# Woman Crew Member Available NOW



## TSOJOURNER (Dec 16, 1999)

Woman Crew Member Ready to Sail. Been living aboard for over a year and I love it. Looking for a good boat and a seaworthy captain; or is it the other way around? I have done one Trans Atlantic then cruised the Azores and the west coasts of Portugal and Spain. I have had a couple of paid positions including one as first mate and hostess on a large sailboat in the Gulf and the costal bend of Texas. My skills include: cooking, varnishing, general boat chores, maintaining engines and other boat systems, doing minor repairs and troubleshooting, basic canvas work, and first aid. In other words I can fix the stove AND cook dinner on it. I am interested in learning navigation and continuing to work on my sailing skills. I’d like to be aboard a new boat soon.
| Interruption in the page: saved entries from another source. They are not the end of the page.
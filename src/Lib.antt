-- ===== src/Lib.antt =====
-- Super Smack: the benchmark's own logic, modelled from the C++ sources under src/.
--
-- The program reads a script (its sections define queries, dictionaries, clients and tables, its
-- main section says what to run), forks clients that fire the queries of a barrel at a database,
-- and collects their reports through a pipe. A client's queries may name dictionaries, whose next
-- words are put in the place of the names.
--
-- Where each part stands:
--   Prelude, Result, StringMap: shared names; `int` as a value of ℤ that `+ᵢ` wraps to 32 bits; the
--     end of a process by `die` (src/die.cc) or by undefined behaviour, as values; `std::map` with
--     string keys, in the order of its keys.
--   Report: `Query_type_report` and `Query_report` of src/query.h and src/query.cc. Types has the
--     updates, Codec `fd_send` and `update_from_fd`; Message, Send and Merge are about what goes
--     through the pipe, Stats and Indexed about the numbers, Filled about null
--     pointers. Print has the clock,
--     what is printed of a report and what a script asks of it.
--   Query, Barrel: `Query` and `Query_barrel` of src/query.h, the lines of a query section and the
--     `query_barrel` line of a client section (src/parse.cc). Words and Shots are about the text of
--     the line, Reports about the barrel that it makes.
--     Fire is `Query_charge::fire` and `Client::unload_query_barrel`; Schedule and Counts are about
--     the order and the number of the shots, Elapsed about their times, Keeps about what the
--     calls of a connection leave as it was.
--   Dictionary: src/dictionary.h and src/dictionary.cc. The three subclasses are one type with a
--     `Kind`. Words is about `next_word`, Format has the
--     templates that `snprintf` takes, Template is about `fix_template`, LoadList and LoadFile have
--     the two loaders.
--   Client: `escape_string` and `safe_parsed_query` of src/client.cc, in Escape and ParsedQuery;
--     Delegates is what a client passes on to its barrel.
--   Path: `mk_data_path` of src/libsmack.cc. Engines: the table of src/engines.cc.
--   Section: the dictionary, table and client sections of src/parse.h and src/parse.cc; Dicts has
--     `make_dict`, Tables `validate_table`, Created `make_client`, Print what the `print` methods
--     write; below them are the theorems.
--   Main: `Main_line::execute` of src/parse.cc and `main` of src/super-smack.cc: the lines of the
--     main section, each with what `fork()` gives at it. Run is about which process runs which
--     line.
--   Script: a script from its text on. Token and Lexer are the rules of src/super-smack-lex.ll,
--     Grammar and Parser those of src/super-smack-yacc.yy: the parser is an automaton that takes
--     one token at a time and calls the actions of the grammar (`Actions`) as it reads.
--     Parser/Meaning says what a script means by its parts; Parser/Exprs, Complete and Sound are
--     about the parser, Lexer/Print and Escapes about the lexer. Values is `Val` of src/val.h.
--     Defs has the definitions that the sections fill, Run the actions on the pools of the process
--     and `do_parse`; Run/Lines leads from a text to the lines of Main.
--   Threads: `create_threads`, `thread_sync` and `transfer_report_data` of src/client.cc. System
--     has the children, the semaphore and the pipe, one step for each call of one process; Queue
--     and Collect (with Children and Steps) have the invariant, Gathered, Totals and Progress what
--     follows from it; Benchmark puts it together with the barrel that each child fires; Forks is
--     about the loop that forks. Semaphore has the set-up of the semaphore, its calls and its
--     removal by `die`; Dying is about children that end so, Exclusive about who has the lock.
--   TcpClient: the class of src/tcp_client.h and src/tcp_client.cc, which no other part uses;
--     Descriptor is about its descriptor and its status.
--   Database: the clients of MySQL (src/mysql-client.cc) and PostgreSQL (src/pg-client.cc), and the
--     result sets that both write. PgOwned, PgRuns and MysqlFreed are about who frees a
--     result; PgBarrel fires a barrel on the client of PostgreSQL, PgTaken is about queries that the
--     server accepts.
--   Options: `get_options` of src/super-smack.cc and the table of engines that it prints; Chosen is
--     about the engine that is chosen.
--   GenData: the data generator, src/gen-data.cc; Args has its options and its `main`.
--   Each part has its runs in its module Tests.
--
-- How the code is read:
--   Text is a list of bytes, a C string one that ends at its first NUL. A method takes the object
--   and returns the new one. A pointer that may be null is an `Option`; each pointer of the
--   modelled parts has one owner, and what it points to is kept in the owner's entry.
--   A loop over text is a recursion on it. The loop of `load_file` has fuel, which one round more
--   than there are lines suffices for. In Script/Run a load that has not ended within the
--   fuel is a crash of the model's own. Counters that go up by one for each line or word are
--   numbers without a bound; sums of counts and times wrap as an `int` does.
--   A pipe is a queue of bytes that gives a reader what it asks for as far as there is data. A
--   write is done whole, and a pipe is never full.
--   A process that ends by `die` has no state behind it; in Threads/System no process ends so.
--
-- Parameters, since their code is not in the repository or not in the logic: what printf prints
-- for a format (`sprintf`), the results of `rand()` (`rands`), the escaping of a client
-- (`escape`, of which only a bound on its length is used, and which `Client::escape_string` meets),
-- the floating-point reading of a pause (`sleep_time`), the files of the system (`files`), the
-- directory that the build sets (`datadir`), the padding of a number (`pad`), the calls of a
-- connection, of its clock and of the system (`Connection` in Barrel/Fire, `Calls` in
-- Section/Tables, `Methods` and `Fork` in Main), the libraries of the databases (`Libmysql`,
-- `Libpq`), what a script has of the system (`System` in Script/Run), doubles with `atof` and their
-- format (Script/Values), sockets and the clock (`Net`), and the rate of queries, a float
-- (`q_per_s`, `divide`). Where Database/PgBarrel fires a barrel, its `Connection` is made of the
-- functions of Database/Pg.
--
-- Not modelled: what Lex and Bison generate, of which the rules and the grammar are read; that the
-- children of a script share the offset of its file; in the steps of Threads/System, calls that are
-- interrupted, children that end by `die`, and other clients of the directory that set up or remove
-- the semaphore, which Threads/Dying and Threads/Semaphore have without the pipe;
-- `getopt_long` and the text of the usage; what goes to the standard error; the arithmetic of
-- doubles; the destructors that only free; and the stub of src/ora-client.cc and the test
-- programs, which are no part of the program.
pub mod Barrel
pub mod Client
pub mod Database
pub mod Dictionary
pub mod Engines
pub mod GenData
pub mod Main
pub mod Options
pub mod Path
pub mod Prelude
pub mod Query
pub mod Report
pub mod Result
pub mod Script
pub mod Section
pub mod StringMap
pub mod TcpClient
pub mod Threads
I will consider a paid or unpaid long-term position, i.e. no deliveries. I am looking for a competent and safety conscious captain who doesn’t have a cocktail until the hook is down or the lines are secure, who doesn’t yell or call people names, wants a sailing buddy (holding open the possibility of more), and wants crew to be aboard sooner rather than later. I’d rather to stay in warm climates, prefer cruising to passage making, circumnavigation is a possibility. I am 47 years old, retired USAF, and hope never to work or live on land again. I enjoy SCUBA, most kinds of music, reading, and meeting all the nice folks that are out there. Please email me at [email protected] for a copy of my current resume. PLEASE use that address for a quicker reply, I don''t check this very often! See my personal page for a photo and overview of skills.


----------



## TSOJOURNER (Dec 16, 1999)

Hi, Provisioning for Great Barrier Reef, S&S 54, solo at present, if you are interested contact me on email [email protected] departure mid late Jan for 3 months. Share expenses, rather nice area actually, cyclone season finishes Feb. regards James.


----------



## TSOJOURNER (Dec 16, 1999)

I''m heading back to Abaco in late April (2k1) if you are interested in hanging around that area. 
Mike


----------



## bradyawl (Jul 14, 2014)

Sea2sea; 
That's Impressive! I'm thinking of just getting a boat now, any boat, to team up with you. Could learn alot from you I bet. If you are around the Chesapeake area, would love to meet up and go sailing one day, as I'm looking for some more time on the water before I can purchase my first boat. 
Sounds like you will get some great offers to make what you want happen. Good for you. 
bradyawl


----------



## eherlihy (Jan 2, 2007)

I hate to burst the bubble but @Sea2See's last activity here was 2002... 15 years ago...


----------



## bradyawl (Jul 14, 2014)

there you go. just like that - theyr'e gone!!


----------



## travlin-easy (Dec 24, 2010)

Brady, I have a boat for sale, not far from where you live - and it's a chick magnet/cruiser. 

All the best,

Gary


----------



## bradyawl (Jul 14, 2014)

Hey Gary,
Well, let's start off with basics, then move on to eye candy I guess! Is she listed somewhere to see online? 
thanks
Brad


----------



## travlin-easy (Dec 24, 2010)

Yep, here ya go. 1973 Morgan Out Island 33 sailboat for sale in Maryland






Gary


----------



## bradyawl (Jul 14, 2014)

Gary,
sorry - I am looking for a Tartan 37C. I remember looking at Charlie Morgan's designs when I was in high school, and lusting after the Out Islands with the rear stateroom.. was so cool. Nice boat, hope you sell her soon! 
Brad


----------



## RegisteredUser (Aug 16, 2010)

That's a waterBnB boat...Bahamas and Bikinis.


----------



## travlin-easy (Dec 24, 2010)

The boat has been to the Bahamas and Florida Keys, it's a great live-aboard, which I did for 6 months down in Marathon Key, Florida and loved every minute of it. Always had lots of babes in bikinis visiting, especially when I was playing music at the marina tiki hut on Friday nights. The greatest thing about the Morgan Out Island series is the interior space is greater than most boats that are 6 to 8 feet longer. Charlie Morgan built a great boat for cruising - and while some folks claim it's slow, that's a relative term when it comes to sailboats. My fastest speed under sail was 10.2 MPH on a broad reach in Chesapeake Bay with a 25 MPH wind. I was passing everything on the bay that day. My fondest wish is that my son would take it when I passed away, but he's more into the power and speed thing. 

I have a relatively young couple very interested in the boat presently, and I think if they can dig up the money, they will be purchasing it before winter sets in. I took them out for a sail last Saturday, and of course, there was no wind greater than 5 MPH, so it was a slow day, but they absolutely fell in love with the boat and its amenities.

All the best,

Gary


----------